# Studentische UX-Studie



## vahidsamimi (18. Okt 2018)

Hallo zusammen,

ich führte als Teil meiner Masterarbeit eine kleine User-Experience-Studie zu einem bestimmten Aufgabentyp in unseren E-Assessment-System JACK durch.
Wenn du über Programmierkenntnisse in Java verfügst, bist du herzlich dazu eingeladen, an dieser Studie teilzunehmen. Hier geht es zur Studie:
http://www-stud.uni-due.de/~skvasami/en/

und bitte benutzen Sie einen Desktop oder Laptop während des Experiments.
Die geschätzte Zeit für den Test beträgt weniger als 10 Minuten.

Grüße
Vahid


----------



## stg (19. Okt 2018)

Wenn der Test weniger als 10 Minuten dauert, wieso schreibst du dann im Test selbst, dass er etwa 20 Minuten dauert?
Das Umschalten auf "deutsch" ist mir nicht geglückt.
Wenn du herausfinden wolltest, ob man bei zu langem Geschwafel in der Fragestellung keine Lust mehr hat, die Aufgabe zu bearbeiten, dann ist das geglückt.
Ist der String-Vergleich mit == im ersten Teil beabsichtigt?


----------



## mihe7 (19. Okt 2018)

stg hat gesagt.:


> Wenn der Test weniger als 10 Minuten dauert, wieso schreibst du dann im Test selbst, dass er etwa 20 Minuten dauert?

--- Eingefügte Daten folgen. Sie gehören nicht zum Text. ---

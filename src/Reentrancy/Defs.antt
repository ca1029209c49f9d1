-- ===== src/Reentrancy/Defs.antt =====
-- The guard and the three objects that it holds. A stack is a list with its top first, where the
-- source has an array with its top last. The snapshots of StateProtection hold values of any type,
-- which nothing reads, and are left out.
use current_dao_contracts.Base.{
  ⊤, ℕ, ◌+◌, ◌-◌, ltb, eqb, length, ℤ, pos, ltb_ℤ, eqb_ℤ, String, concat, show_number, Bool, true,
  false, Option, none, some, List, [], ◌∷◌, ◌++◌, map, has, Call, pure, gets, throw_if, modify,
  zoom, ◌>>=◌, ◌>>◌, if◌then◌else◌,
}
use Prim.Native.Char.{code}

pub record GuardConfig : Type 0 where
  pub max_depth : ℤ
  pub detection_threshold : ℤ
  pub logging_enabled : Bool
  pub block_on_attack : Bool

-- CROSS_CONTRACT is never found.
pub data ReentrancyType : Type 0 where
  nothing same_function cross_function cross_contract : ReentrancyType

-- `ReentrancyType[type]`
abbrev pub type_name : ReentrancyType → String
type_name nothing = "NONE"
type_name same_function = "SAME_FUNCTION"
type_name cross_function = "CROSS_FUNCTION"
type_name cross_contract = "CROSS_CONTRACT"

abbrev pub is_found : ReentrancyType → Bool
is_found nothing = false
is_found _ = true

pub record ReentrancyEvent : Type 0 where
  pub kind : ReentrancyType
  pub timestamp : ℤ
  pub caller : String
  pub target : String
  pub depth : ℕ
  pub stack_trace : List String

-- `ReentrancyLib.generateCallHash`
unfoldable pub call_hash : String → String → String → String
call_hash caller target selector = concat (caller ∷ ":" ∷ target ∷ ":" ∷ selector ∷ [])

-- `call.split(":")[0]`
unfoldable pub before_colon : String → String
before_colon String.[] = ""
before_colon (String.◌∷◌ c s) =
    let rest = String.◌∷◌ c (before_colon s) in if eqb (code c) b':' then "" else rest

-- `ReentrancyLib.inspectStack`
unfoldable pub inspect_stack : List String → ReentrancyType
unfolding before_colon
inspect_stack [] = nothing
inspect_stack (current ∷ previous) =
    if has current previous
    then same_function
    else if has (before_colon current) (map before_colon previous)
    then cross_function
    else nothing

pub record Detector : Type 0 where
  pub config : GuardConfig
  pub call_stack : List String
  pub logs : List ReentrancyEvent

abbrev pub new_detector : GuardConfig → Detector
new_detector config = record { config = config; call_stack = []; logs = [] }

-- `ReentrancyDetector.handleDetection`
unfoldable pub handle_detection : ℤ → ReentrancyType → String → String → Call Detector ⊤
handle_detection now kind caller target = do
  modify λ d. record d {
    logs =
        if d.config.logging_enabled
        then d.logs
          ++ (record {
            kind = kind;
            timestamp = now;
            caller = caller;
            target = target;
            depth = length d.call_stack;
            stack_trace = d.call_stack;
          }
              ∷ [])
        else d.logs;
  }
  throw_if (← gets (λ d. d.config.block_on_attack))
      (concat ("REENTRANCY_ATTACK_PREVENTED: Detected type " ∷ type_name kind ∷ []))

-- `ReentrancyDetector.enterCall`
unfoldable pub enter_call : ℤ → String → String → String → Call Detector ReentrancyType
unfolding handle_detection
enter_call now caller target selector = do
  modify λ d. record d { call_stack = call_hash caller target selector ∷ d.call_stack }
  kind ← gets (λ d. inspect_stack d.call_stack)
  if is_found kind then handle_detection now kind caller target else pure tt
  limit ← gets (λ d. d.config.max_depth)
  throw_if (← gets (λ d. ltb_ℤ limit (pos (length d.call_stack))))
      (concat ("MAX_CALL_DEPTH_EXCEEDED: Depth limit is " ∷ show_number limit ∷ []))
  pure kind

abbrev pub pop : List String → List String
pop [] = []
pop (_ ∷ rest) = rest

-- `ReentrancyDetector.exitCall`
unfoldable pub exit_call : Detector → Detector
exit_call d = record d { call_stack = pop d.call_stack }

pub record Monitor : Type 0 where
  pub depth : ℕ
  pub stack_trace : List String

-- `CallStackMonitor.push`
unfoldable pub push_monitor : String → Monitor → Monitor
push_monitor call m = record { depth = m.depth + 1; stack_trace = call ∷ m.stack_trace }

-- `CallStackMonitor.pop`
unfoldable pub pop_monitor : Monitor → Monitor
pop_monitor m =
    if ltb 0 m.depth then record { depth = m.depth - 1; stack_trace = pop m.stack_trace } else m

pub record Guard : Type 0 where
  pub config : GuardConfig
  pub detector : Detector
  pub lock_count : ℕ  -- of `stateProtection`
  pub monitor : Monitor
  pub paused : Bool

-- `value || standard`, for a number that may be undefined.
abbrev or_standard : Option ℤ → ℤ → ℤ
or_standard none standard = standard
or_standard (some n) standard = if eqb_ℤ n (pos 0) then standard else n

abbrev or_true : Option Bool → Bool
or_true none = true
or_true (some b) = b

unfoldable pub new : Option ℤ → Option ℤ → Option Bool → Option Bool → Guard
new max_depth detection_threshold logging_enabled block_on_attack =
    let config : GuardConfig = record {
      max_depth = or_standard max_depth (pos 10);
      detection_threshold = or_standard detection_threshold (pos 1);
      logging_enabled = or_true logging_enabled;
      block_on_attack = or_true block_on_attack;
    } in
    record {
      config = config;
      detector = new_detector config;
      lock_count = 0;
      monitor = record { depth = 0; stack_trace = [] };
      paused = false;
    }

-- `StateProtection.unlock`
unfoldable pub unlock : ℕ → ℕ
unlock n = if ltb 0 n then n - 1 else n

-- `locked`, by `StateProtection.isProtected`
unfoldable pub locked : Guard → Bool
locked g = ltb 0 g.lock_count

-- The `finally` block of `protect`.
unfoldable pub leave : Guard → Guard
unfolding unlock exit_call pop_monitor
leave g = record g {
  lock_count = unlock g.lock_count;
  detector = exit_call g.detector;
  monitor = pop_monitor g.monitor;
}

-- `try { return body() } finally { … }`
abbrev pub try_finally : {A : Type 0} → Call Guard A → Call Guard A
try_finally body g = let (r, g') = body g in (r, leave g')

-- The body runs to its end before any other call, whether it returns or throws.
unfoldable pub protect : {A : Type 0} → ℤ → Call Guard A → String → String → String → Call Guard A
unfolding push_monitor enter_call leave
protect now body caller target selector = do
  throw_if (← gets (λ g. g.paused)) "REENTRANCY_GUARD_PAUSED: Emergency control active"
  modify λ g. record g { monitor = push_monitor (call_hash caller target selector) g.monitor }
  zoom (λ (g : Guard). g.detector) (λ d g. record g { detector = d })
      (enter_call now caller target selector)
  modify λ g. record g { lock_count = g.lock_count + 1 }
  try_finally body

unfoldable pub non_reentrant : Call Guard ⊤
unfolding locked
non_reentrant = do throw_if (← gets locked) "REENTRANCY_ATTEMPT_DETECTED"

abbrev pub reset_monitor : Monitor
reset_monitor = record { depth = 0; stack_trace = [] }

-- The detector's stack stays as it is.
abbrev pub clear_logs : Detector → Detector
clear_logs d = record d { logs = [] }

unfoldable pub reset_guard : Guard → Guard
unfolding unlock
reset_guard g = record g {
  lock_count = unlock g.lock_count;
  monitor = reset_monitor;
  detector = clear_logs g.detector;
}

unfoldable pub configure : GuardConfig → Guard → Guard
configure config g = record g { config = config; detector = new_detector config }

unfoldable pub emergency_pause : Guard → Guard
emergency_pause g = record g { paused = true }

unfoldable pub emergency_unpause : Guard → Guard
emergency_unpause g = record g { paused = false }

Vermutlich hat er auch in anderen Foren rekrutiert


----------



## Xyz1 (19. Okt 2018)

stg hat gesagt.:


> Wenn der Test weniger als 10 Minuten dauert, wieso schreibst du dann im Test selbst, dass er etwa 20 Minuten dauert?


Ich rufe den Link gar nicht erst auf wenn mir der Fragesteller nicht ganz integer vorkommt....


----------



## vahidsamimi (22. Okt 2018)

stg hat gesagt.:


> Wenn der Test weniger als 10 Minuten dauert, wieso schreibst du dann im Test selbst, dass er etwa 20 Minuten dauert?
> Das Umschalten auf "deutsch" ist mir nicht geglückt.
> Wenn du herausfinden wolltest, ob man bei zu langem Geschwafel in der Fragestellung keine Lust mehr hat, die Aufgabe zu bearbeiten, dann ist das geglückt.
> Ist der String-Vergleich mit == im ersten Teil beabsichtigt?




Hi 
Ja du hast recht und ich hab in dem Test auch geändert! 


*Das Umschalten auf "deutsch" ist mir nicht geglückt.*
Weil Test auf "Englisch" durchgeführt wird und für alle Programmierer ist notwendig, englisch zu beherrschen oder!?


----------



## stg (22. Okt 2018)

vahidsamimi hat gesagt.:


> Weil Test auf "Englisch" durchgeführt wird und für alle Programmierer ist notwendig, englisch zu beherrschen oder!?



Nein, das ist nicht für alle Programmierer notwendig.
Mich stört aber auch gar nicht, dass der Test in englischer Sprache durchgeführt wird, sondern lediglich, dass dort ein Radio-Button für die Sprachauswahl vorhanden ist, aber nicht funktioniert.


----------



## vahidsamimi (22. Okt 2018)

stg hat gesagt.:


> Nein, das ist nicht für alle Programmierer notwendig.
> Mich stört aber auch gar nicht, dass der Test in englischer Sprache durchgeführt wird, sondern lediglich, dass dort ein Radio-Button für die Sprachauswahl vorhanden ist, aber nicht funktioniert.



Weil ich wollte alle Nutzer unter den gleichen Bedingungen mit einer Sprache diesen Test durchführen
Deshalb habe ich es deaktiviert. 

Hast du denn den Test bis Ende gemacht ?


----------



## MoxxiManagarm (22. Okt 2018)

Bei der Tabelle: Klicke mal ein bissl als dau auf Spalte/Zeilen ergänzen/entfernen - ich habe mir die Tabelle damit ganz schön zerschossen 

Interessant, dass man bei einer Comment Spalte nur 10 Zeichen eingeben kann 

Ansich auch unschön, dass der Methodenname nicht lowerCamelCase ist.

equals wurde schon erwähnt. Wieso werden while-Schleifen verwendet anstatt einem if in aufgabe 1?

Auch mir ist das deutlich zu viel Text. Besser wäre eine kurze Anleitung am Anfang zu machen, eventuell mit einem Beispiel wie man sich die Eingabe vom Anwender vorstellt.

Bei Aufgabe 3 kommt mir die j-Schleife verquer vor, da sind i's drin im Schleifenkopf. Damit war mir das dann zu blöd, die 3. Aufgabe habe ich daher vorzeitig abgebrochen und abgeschickt.

Schön und gut, dass du die Umfrage in Englisch machst, aber wieso sind dann die Benennungen Deutsch?

Ich persönlich würde auch in den Beispielen "sinnige" Beispiele verwenden und eine Zusammenfassungs-Eingabe ermöglichen, in der der Anwender kurz erläutern soll, was die Methode insgesamt tut. Aufgabe 2 ist da mit der Addition 2er Zahlen schon ganz gut.


----------